#### Source material ####
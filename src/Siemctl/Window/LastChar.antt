-- ===== src/Siemctl/Window/LastChar.antt =====
-- src/siemctl/src/time.rs, `parse_duration`: where the split before the last byte falls.
use headless_siem.Prelude.{
  ℕ, zero, suc, ◌+◌, ◌-◌, ◌≤◌, ◌<◌, append-nil, ◌^◌, ◌≡◌, refl, sym, ap, ◌∙◌, Text, trim, reverse,
  is_empty, true, false, Option, none, some, [], ◌∷◌, ◌++◌, ltb, if◌then◌else◌, arith, parse_signed,
  Bool-cases, inl, inr,
}
use mathlib.Core.List.{reverse-append, reverse-reverse}
use headless_siem.Prelude.Results.{Result, err}
use headless_siem.Bytes.{len_utf8, byte_length, before, split_at}
use headless_siem.Siemctl.Window.{
  Spans, TimeError, invalid_duration, panics, positive_duration, number_and_unit, trimmed_duration,
  parse_duration,
}

len_utf8-positive : (c : ℕ) → 1 ≤ len_utf8 c
len_utf8-positive c = ground arith

byte_length-append : (s t : Text) → byte_length (s ++ t) ≡ byte_length s + byte_length t
unfolding byte_length
byte_length-append [] t = omega arith
byte_length-append (c ∷ s) t = omega (arith, byte_length-append s t)

-- Characters joined before both parts.
abbrev all_before : Text → Option (Text × Text) → Option (Text × Text)
all_before s none = none
all_before s (some (front, rest)) = some (s ++ front, rest)

before-all_before :
    (c : ℕ) (s : Text) (r : Option (Text × Text)) → before c (all_before s r) ≡ all_before (c ∷ s) r
before-all_before c s none = refl
before-all_before c s (some r) = refl

all_before-nothing : (r : Option (Text × Text)) → r ≡ all_before [] r
all_before-nothing none = refl
all_before-nothing (some r) = refl

split_at-front :
    (m c : ℕ) (s : Text)
    → len_utf8 c ≤ m
    → split_at m (c ∷ s) ≡ before c (split_at (m - len_utf8 c) s)
unfolding split_at
split_at-front zero c s h = absurd (omega (arith, h, len_utf8-positive c))
split_at-front (suc m) c s h = ground (arith, h)

-- A position behind some characters is one in the rest.
split_at-append :
    (s t : Text) (k : ℕ) → split_at (byte_length s + k) (s ++ t) ≡ all_before s (split_at k t)
unfolding byte_length
split_at-append [] t k = ap (λ n. split_at n t) (omega arith) ∙ all_before-nothing (split_at k t)
split_at-append (c ∷ s) t k =
    split_at-front (len_utf8 c + byte_length s + k) c (s ++ t) (omega arith)
    ∙ ap (λ n. before c (split_at n (s ++ t))) (omega arith)
    ∙ ap (before c) (split_at-append s t k)
    ∙ before-all_before c s (split_at k t)

split_at-last_ascii :
    (c : ℕ) → ltb c 128 ≡ true → split_at (len_utf8 c - 1) (c ∷ []) ≡ some ([], c ∷ [])
unfolding split_at
split_at-last_ascii c h = rw h refl

split_at-inside : (m c : ℕ) → 1 ≤ m → m + 1 ≤ len_utf8 c → split_at m (c ∷ []) ≡ none
unfolding split_at
split_at-inside zero c lo hi = absurd (omega arith)
split_at-inside (suc m) c lo hi = ground (arith, hi)

split_at-last_wide : (c : ℕ) → ltb c 128 ≡ false → split_at (len_utf8 c - 1) (c ∷ []) ≡ none
split_at-last_wide c h = split_at-inside (len_utf8 c - 1) c (ground (arith, h)) (ground (arith, h))

len_utf8-wide : (c : ℕ) → ltb c 128 ≡ false → 2 ≤ len_utf8 c
len_utf8-wide c h = ground (arith, h)

len_utf8-ascii : (c : ℕ) → ltb c 128 ≡ true → len_utf8 c ≡ 1
len_utf8-ascii c h = rw h refl

byte_length-nil : byte_length [] ≡ 0
unfolding byte_length
byte_length-nil = refl

not_below : (m n : ℕ) → n ≤ m → ltb m n ≡ false
not_below m n h = ground (arith, h)

is_below : (m n : ℕ) → m < n → ltb m n ≡ true
is_below m n h = ground (arith, h)

byte_length-last : (s : Text) (c : ℕ) → byte_length (s ++ c ∷ []) ≡ byte_length s + len_utf8 c
unfolding byte_length
byte_length-last s c = omega (arith, byte_length-append s (c ∷ []))

-- The split before the last byte is one of the last character alone.
split_at-last :
    (s : Text) (c : ℕ)
    → split_at (byte_length (s ++ c ∷ []) - 1) (s ++ c ∷ [])
      ≡ all_before s (split_at (len_utf8 c - 1) (c ∷ []))
split_at-last s c =
    ap (λ n. split_at n (s ++ c ∷ [])) (omega (arith, byte_length-last s c, len_utf8-positive c))
    ∙ split_at-append s (c ∷ []) (len_utf8 c - 1)

byte_length-reverse : (c : ℕ) (s : Text) → 1 ≤ byte_length (reverse (c ∷ s))
byte_length-reverse c s = omega (
  arith,
  ap byte_length (reverse-append (c ∷ []) s),
  byte_length-last (reverse s) c,
  len_utf8-positive c,
)

module _ {I D : Type 0} (S : Spans I D) where
  -- What is made of a text, by its last character, which is the unit. The text in reverse.
  unfoldable pub by_last_char : Text → Text → Result TimeError D
  by_last_char s [] = err (invalid_duration s)
  by_last_char s (unit ∷ front) =
      if ltb unit 128
      then (if is_empty front
          then err (invalid_duration s)
          else positive_duration S s (unit ∷ []) (parse_signed (2 ^ 63) (reverse front)))
      else err panics

  trimmed_duration-long :
      (s t : Text) (c : ℕ)
      → s ≡ t ++ c ∷ []
      → 2 ≤ byte_length t + len_utf8 c
      → trimmed_duration S s
        ≡ number_and_unit S s (all_before t (split_at (len_utf8 c - 1) (c ∷ [])))
  unfolding trimmed_duration
  trimmed_duration-long s t c same h =
      let long = ap byte_length same ∙ byte_length-last t c in
      rw (not_below (byte_length s) 2 (omega (arith, long, h))) (
        ap (λ x. number_and_unit S s (split_at (byte_length x - 1) x)) same
        ∙ ap (number_and_unit S s) (split_at-last t c))

  by_last-wide :
      (s front : Text) (unit : ℕ)
      → s ≡ reverse front ++ unit ∷ []
      → ltb unit 128 ≡ false
      → trimmed_duration S s ≡ by_last_char s (unit ∷ front)
  unfolding by_last_char number_and_unit
  by_last-wide s front unit same h =
      trimmed_duration-long s (reverse front) unit same (omega (arith, len_utf8-wide unit h))
      ∙ ap (λ r. number_and_unit S s (all_before (reverse front) r)) (split_at-last_wide unit h)
      ∙ rw h refl

  by_last-ascii :
      (s front : Text) (unit : ℕ)
      → s ≡ reverse front ++ unit ∷ []
      → ltb unit 128 ≡ true
      → trimmed_duration S s ≡ by_last_char s (unit ∷ front)
  unfolding trimmed_duration by_last_char number_and_unit
  by_last-ascii s [] unit same h =
      rw h rw
        (is_below (byte_length s) 2 (
          omega (
            arith,
            ap byte_length same ∙ byte_length-last [] unit,
            len_utf8-ascii unit h,
            byte_length-nil,
          )))
        refl
  by_last-ascii s (c ∷ front) unit same h =
      trimmed_duration-long s (reverse (c ∷ front)) unit same
        (omega (arith, byte_length-reverse c front, len_utf8-positive unit))
      ∙ ap (λ r. number_and_unit S s (all_before (reverse (c ∷ front)) r))
          (split_at-last_ascii unit h)
      ∙ ap (λ t. positive_duration S s (unit ∷ []) (parse_signed (2 ^ 63) t))
          (append-nil (reverse (c ∷ front)))
      ∙ rw h refl

  trimmed_duration-reverse : (s r : Text) → s ≡ reverse r → trimmed_duration S s ≡ by_last_char s r
  unfolding trimmed_duration by_last_char byte_length
  trimmed_duration-reverse s [] same =
      ap (λ t. trimmed_duration S t) same ∙ ap (λ t. err (invalid_duration t)) (sym same)
  trimmed_duration-reverse s (unit ∷ front) same = elim (Bool-cases (ltb unit 128)) [
    | inl h ↦ by_last-ascii s front unit (same ∙ reverse-append (unit ∷ []) front) h
    | inr h ↦ by_last-wide s front unit (same ∙ reverse-append (unit ∷ []) front) h
  ]

  -- Although `parse_duration` counts bytes, its split is one of the last character: it reads the
  -- characters before it as the number and it as the unit if it is ASCII, gives an error if it stands
  -- alone or the text is blank, and panics if it is not ASCII, whatever stands before it.
  pub parse_duration-by_last_char :
      (s : Text) → parse_duration S s ≡ by_last_char (trim s) (reverse (trim s))
  unfolding parse_duration
  parse_duration-by_last_char s =
      trimmed_duration-reverse (trim s) (reverse (trim s)) (sym (reverse-reverse (trim s)))
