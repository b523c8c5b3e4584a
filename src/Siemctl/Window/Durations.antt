-- ===== src/Siemctl/Window/Durations.antt =====
-- src/siemctl/src/time.rs, `parse_duration`: what it reads.
use headless_siem.Prelude.{
  ℕ, zero, suc, ◌<◌, ◌^◌, ◌≡◌, ◌≢◌, refl, sym, ap, ◌∙◌, Text, true, false, Option, some, [], ◌∷◌,
  ◌++◌, reverse, all, is_whitespace, trim, trim_start, is_ascii_digit, parse_signed, decimal, pos,
  nat_eq, arith, and_left,
}
use mathlib.Core.List.{reverse-append, reverse-reverse}
use headless_siem.Prelude.Numerals.{decimal-digits, decimal-nonempty, parse_unsigned-decimal}
use headless_siem.Prelude.Padding.{parse_signed-digits}
use headless_siem.Siemctl.Window.LastChar.{by_last_char, parse_duration-by_last_char}
use headless_siem.Siemctl.Window.{
  Spans, or_panic, parse_duration, positive_duration, duration_of_unit,
}

pub data TimeUnit : Type 0 where
  second minute hour day : TimeUnit

abbrev pub letter : TimeUnit → ℕ
letter second = b's'
letter minute = b'm'
letter hour = b'h'
letter day = b'd'

trim_start-solid : (c : ℕ) (s : Text) → is_whitespace c ≡ false → trim_start (c ∷ s) ≡ c ∷ s
unfolding trim_start
trim_start-solid c s h = rw h refl

-- A text with a first and a last character that are no white space.
trim-solid :
    (c u : ℕ) (s : Text)
    → is_whitespace c ≡ false
    → is_whitespace u ≡ false
    → trim (c ∷ s ++ u ∷ []) ≡ c ∷ s ++ u ∷ []
unfolding trim
trim-solid c u s hc hu =
    ap (λ r. reverse (trim_start (reverse r))) (trim_start-solid c (s ++ u ∷ []) hc)
    ∙ ap (λ r. reverse (trim_start r)) (reverse-append (c ∷ s) (u ∷ []))
    ∙ ap reverse (trim_start-solid u (reverse (c ∷ s)) hu ∙ sym (reverse-append (c ∷ s) (u ∷ [])))
    ∙ reverse-reverse (c ∷ s ++ u ∷ [])

digit-solid : (c : ℕ) → is_ascii_digit c ≡ true → is_whitespace c ≡ false
unfolding is_ascii_digit is_whitespace
digit-solid c h = ground (arith, h)

letter-solid : (u : TimeUnit) → is_whitespace (letter u) ≡ false
unfolding is_whitespace
letter-solid second = refl
letter-solid minute = refl
letter-solid hour = refl
letter-solid day = refl

trim-number :
    (s : Text) (u : ℕ)
    → all is_ascii_digit s ≡ true
    → s ≢ []
    → is_whitespace u ≡ false
    → trim (s ++ u ∷ []) ≡ s ++ u ∷ []
trim-number [] u h ne hu = absurd (ne refl)
trim-number (c ∷ s) u h ne hu =
    trim-solid c u s (digit-solid c (and_left (is_ascii_digit c) (all is_ascii_digit s) h)) hu

reverse-nonempty : (n : ℕ) → reverse (decimal n) ≢ []
reverse-nonempty n h = decimal-nonempty n (sym (reverse-reverse (decimal n)) ∙ ap reverse h)

module _ {I D : Type 0} (S : Spans I D) where
  abbrev pub span : TimeUnit → ℕ → Option D
  span second n = S.seconds n
  span minute n = S.minutes n
  span hour n = S.hours n
  span day n = S.days n

  -- A text whose last character is an ASCII one, behind others.
  by_last_char-ascii :
      (s front : Text) (unit : ℕ)
      → unit < 128
      → front ≢ []
      → by_last_char S s (unit ∷ front)
        ≡ positive_duration S s (unit ∷ []) (parse_signed (2 ^ 63) (reverse front))
  unfolding by_last_char
  by_last_char-ascii s [] unit lt ne = absurd (ne refl)
  by_last_char-ascii s (c ∷ front) unit lt ne = ground arith

  duration_of_unit-letter :
      (s : Text) (u : TimeUnit) (n : ℕ)
      → duration_of_unit S s (letter u ∷ []) n ≡ or_panic (span u n)
  unfolding duration_of_unit
  duration_of_unit-letter s second n = refl
  duration_of_unit-letter s minute n = refl
  duration_of_unit-letter s hour n = refl
  duration_of_unit-letter s day n = refl

  positive_duration-suc :
      (s : Text) (u : TimeUnit) (n : ℕ)
      → 0 < n
      → positive_duration S s (letter u ∷ []) (some (pos n)) ≡ or_panic (span u n)
  unfolding positive_duration
  positive_duration-suc s u zero lt = absurd (omega arith)
  positive_duration-suc s u (suc n) lt = duration_of_unit-letter s u (suc n)

  letter-ascii : (u : TimeUnit) → letter u < 128
  letter-ascii second = omega arith
  letter-ascii minute = omega arith
  letter-ascii hour = omega arith
  letter-ascii day = omega arith

  -- A positive number below 2^63, printed in decimal and followed by the letter of a unit, is read
  -- as that many of the unit, with chrono's panic where it has no such duration.
  pub parse_duration-decimal :
      (n : ℕ) (u : TimeUnit)
      → 0 < n
      → n < 2 ^ 63
      → parse_duration S (decimal n ++ letter u ∷ []) ≡ or_panic (span u n)
  parse_duration-decimal n u lo hi =
      let text = decimal n ++ letter u ∷ [] in
      parse_duration-by_last_char S text
      ∙ rw
          (trim-number (decimal n) (letter u) (decimal-digits n) (decimal-nonempty n)
            (letter-solid u))
          (ap (by_last_char S text) (reverse-append (decimal n) (letter u ∷ []))
            ∙ by_last_char-ascii text (reverse (decimal n)) (letter u) (letter-ascii u)
                (reverse-nonempty n)
            ∙ ap (λ r. positive_duration S text (letter u ∷ []) (parse_signed (2 ^ 63) r))
                (reverse-reverse (decimal n))
            ∙ ap (positive_duration S text (letter u ∷ [])) (
                parse_signed-digits (2 ^ 63) n (decimal n) (decimal-digits n)
                  (parse_unsigned-decimal (2 ^ 63) n hi))
            ∙ positive_duration-suc text u n lo)
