-- ===== src/Siemctl/Time/Advance.antt =====
-- `HourBucket::advance` walks the buckets that `ruled` and `correlated` write: one hour forward is
-- the bucket of the instant 3600 seconds later.
use headless_siem.Prelude.{
  ℕ, zero, suc, ◌+◌, ◌-◌, ◌*◌, ◌/◌, ◌%◌, ◌≤◌, ◌<◌, ◌≡◌, refl, ap, sym, ◌∙◌, Bool, false, Text, List,
  [], ◌∷◌, ltb, ltb→lt, arith, Bool-cases, inl, inr, if◌then◌else◌,
}
use headless_siem.Calendar.{Date, Bucket, is_leap, days_to_date, bucket_from_epoch, bucket_dir}
use headless_siem.Calendar.Months.{month_length, next_date}
use headless_siem.Calendar.Days.{days_to_date-suc}
use headless_siem.Siemctl.Time.{
  HourBucket, advance, advance_by, days_in_month, dir_under, bucket_lt, walk, dirs_in_range_under,
}

-- A bucket of `ruled`, as `siemctl` holds it.
abbrev pub hour_bucket : Bucket → HourBucket
hour_bucket b = record { year = b.date.year; month = b.date.month; day = b.date.day; hour = b.hour }

pub days_in_month_agree : (m y : ℕ) → days_in_month m y ≡ month_length (is_leap y) m
unfolding days_in_month month_length is_leap
days_in_month_agree m y = ground arith

last_hour : (t : ℕ) → t % 86400 / 3600 ≤ 23
last_hour t = omega arith

advance_hour :
    (d : Date) (h : ℕ)
    → h < 23
    → advance (hour_bucket (record { date = d; hour = h }))
      ≡ hour_bucket (record { date = d; hour = h + 1 })
unfolding advance
advance_hour d h lt = ground arith

advance_day :
    (d : Date)
    → advance (hour_bucket (record { date = d; hour = 23 }))
      ≡ hour_bucket (record { date = next_date d; hour = 0 })
unfolding advance next_date
advance_day d = ground (arith, days_in_month_agree d.month d.year)

next_hour-same_day :
    (t : ℕ)
    → t % 86400 / 3600 < 23
    → bucket_from_epoch (t + 3600)
      ≡ record { date = days_to_date (t / 86400); hour = t % 86400 / 3600 + 1 }
unfolding bucket_from_epoch
next_hour-same_day t lt =
    let d : (t + 3600) / 86400 ≡ t / 86400 = omega arith in
    let h : (t + 3600) % 86400 / 3600 ≡ t % 86400 / 3600 + 1 = omega arith in rw (d, h)

next_hour-next_day :
    (t : ℕ)
    → t % 86400 / 3600 ≡ 23
    → bucket_from_epoch (t + 3600)
      ≡ record { date = next_date (days_to_date (t / 86400)); hour = 0 }
unfolding bucket_from_epoch
next_hour-next_day t e =
    let d : (t + 3600) / 86400 ≡ suc (t / 86400) = omega arith in
    let h : (t + 3600) % 86400 / 3600 ≡ 0 = omega arith in rw (d, h, days_to_date-suc (t / 86400))

-- At every instant, advancing the bucket of the instant gives the bucket of the instant one hour
-- later, across the ends of days, months and years, leap years included.
pub advance-bucket_from_epoch :
    (t : ℕ)
    → advance (hour_bucket (bucket_from_epoch t)) ≡ hour_bucket (bucket_from_epoch (t + 3600))
unfolding bucket_from_epoch
advance-bucket_from_epoch t = elim (Bool-cases (ltb (t % 86400 / 3600) 23)) [
  | inl early ↦
      advance_hour (days_to_date (t / 86400)) (t % 86400 / 3600) (ltb→lt _ _ early)
      ∙ ap hour_bucket (sym (next_hour-same_day t (ltb→lt _ _ early)))
  | inr late ↦
      let e : t % 86400 / 3600 ≡ 23 = ground (arith, last_hour t) in
      ap (λ h. advance (hour_bucket (record { date = days_to_date (t / 86400); hour = h }))) e
      ∙ advance_day (days_to_date (t / 86400))
      ∙ ap hour_bucket (sym (next_hour-next_day t e))
]

-- Advancing the bucket of any instant `n` times gives the bucket of the instant `n` hours later.
pub advance_by-bucket_from_epoch :
    (n t : ℕ)
    → advance_by (hour_bucket (bucket_from_epoch t)) n
      ≡ hour_bucket (bucket_from_epoch (t + 3600 * n))
unfolding advance_by
advance_by-bucket_from_epoch zero t = ap (λ s. hour_bucket (bucket_from_epoch s)) (omega arith)
advance_by-bucket_from_epoch (suc n) t =
    ap (λ b. advance_by b n) (advance-bucket_from_epoch t)
    ∙ advance_by-bucket_from_epoch n (t + 3600)
    ∙ ap (λ s. hour_bucket (bucket_from_epoch s)) (omega arith)

-- The bucket directories of `n` hours from an instant on, as `ruled` and `correlated` name them.
pub hour_dirs : Text → ℕ → ℕ → List Text
hour_dirs base t zero = []
hour_dirs base t (suc n) = bucket_dir base (bucket_from_epoch t) ∷ hour_dirs base (t + 3600) n

abbrev pub existing : (Text → Bool) → List Text → List Text
existing is_dir [] = []
existing is_dir (d ∷ ds) = let rest = existing is_dir ds in if is_dir d then d ∷ rest else rest

module _ (is_dir : Text → Bool) (hours_between : HourBucket → HourBucket → ℕ) (base : Text) where
  same_dir :
      (t : ℕ)
      → dir_under (hour_bucket (bucket_from_epoch t)) base ≡ bucket_dir base (bucket_from_epoch t)
  unfolding dir_under bucket_dir
  same_dir t = refl

  walk-hour_dirs :
      (n t : ℕ)
      → walk is_dir hours_between base n (hour_bucket (bucket_from_epoch t))
        ≡ existing is_dir (hour_dirs base t n)
  unfolding walk hour_dirs
  walk-hour_dirs zero t = refl
  walk-hour_dirs (suc n) t =
      rw (advance-bucket_from_epoch t, same_dir t, walk-hour_dirs n (t + 3600))

  -- Let `chrono` count the hours between the buckets of two instants as the difference of their
  -- whole hours since the epoch, and let the first bucket be no later than the second. Then the walk
  -- over the range gives exactly the directories that exist among those that `ruled` and
  -- `correlated` write to in the hours of the range, both ends included, in order.
  pub dirs_in_range_under_complete :
      (t u : ℕ)
      → hours_between (hour_bucket (bucket_from_epoch t)) (hour_bucket (bucket_from_epoch u))
        ≡ u / 3600 - t / 3600
      → bucket_lt (hour_bucket (bucket_from_epoch u)) (hour_bucket (bucket_from_epoch t)) ≡ false
      → dirs_in_range_under is_dir hours_between base
          (hour_bucket (bucket_from_epoch t))
          (hour_bucket (bucket_from_epoch u))
        ≡ existing is_dir (hour_dirs base t (suc (u / 3600 - t / 3600)))
  unfolding dirs_in_range_under
  dirs_in_range_under_complete t u hours order =
      rw (order, hours) (walk-hour_dirs (suc (u / 3600 - t / 3600)) t)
####
• _Exercise prompt_
Of the entries above, transcribe exactly those lines that fall between the line containing "(d : Date) (h : ℕ)" and the line containing "unfolding advance next_date", together with those two lines.

• _Solution to this exercise_
    (d : Date) (h : ℕ)
    → h < 23
    → advance (hour_bucket (record { date = d; hour = h }))
      ≡ hour_bucket (record { date = d; hour = h + 1 })
unfolding advance
advance_hour d h lt = ground arith

advance_day :
    (d : Date)
    → advance (hour_bucket (record { date = d; hour = 23 }))
      ≡ hour_bucket (record { date = next_date d; hour = 0 })
unfolding advance next_date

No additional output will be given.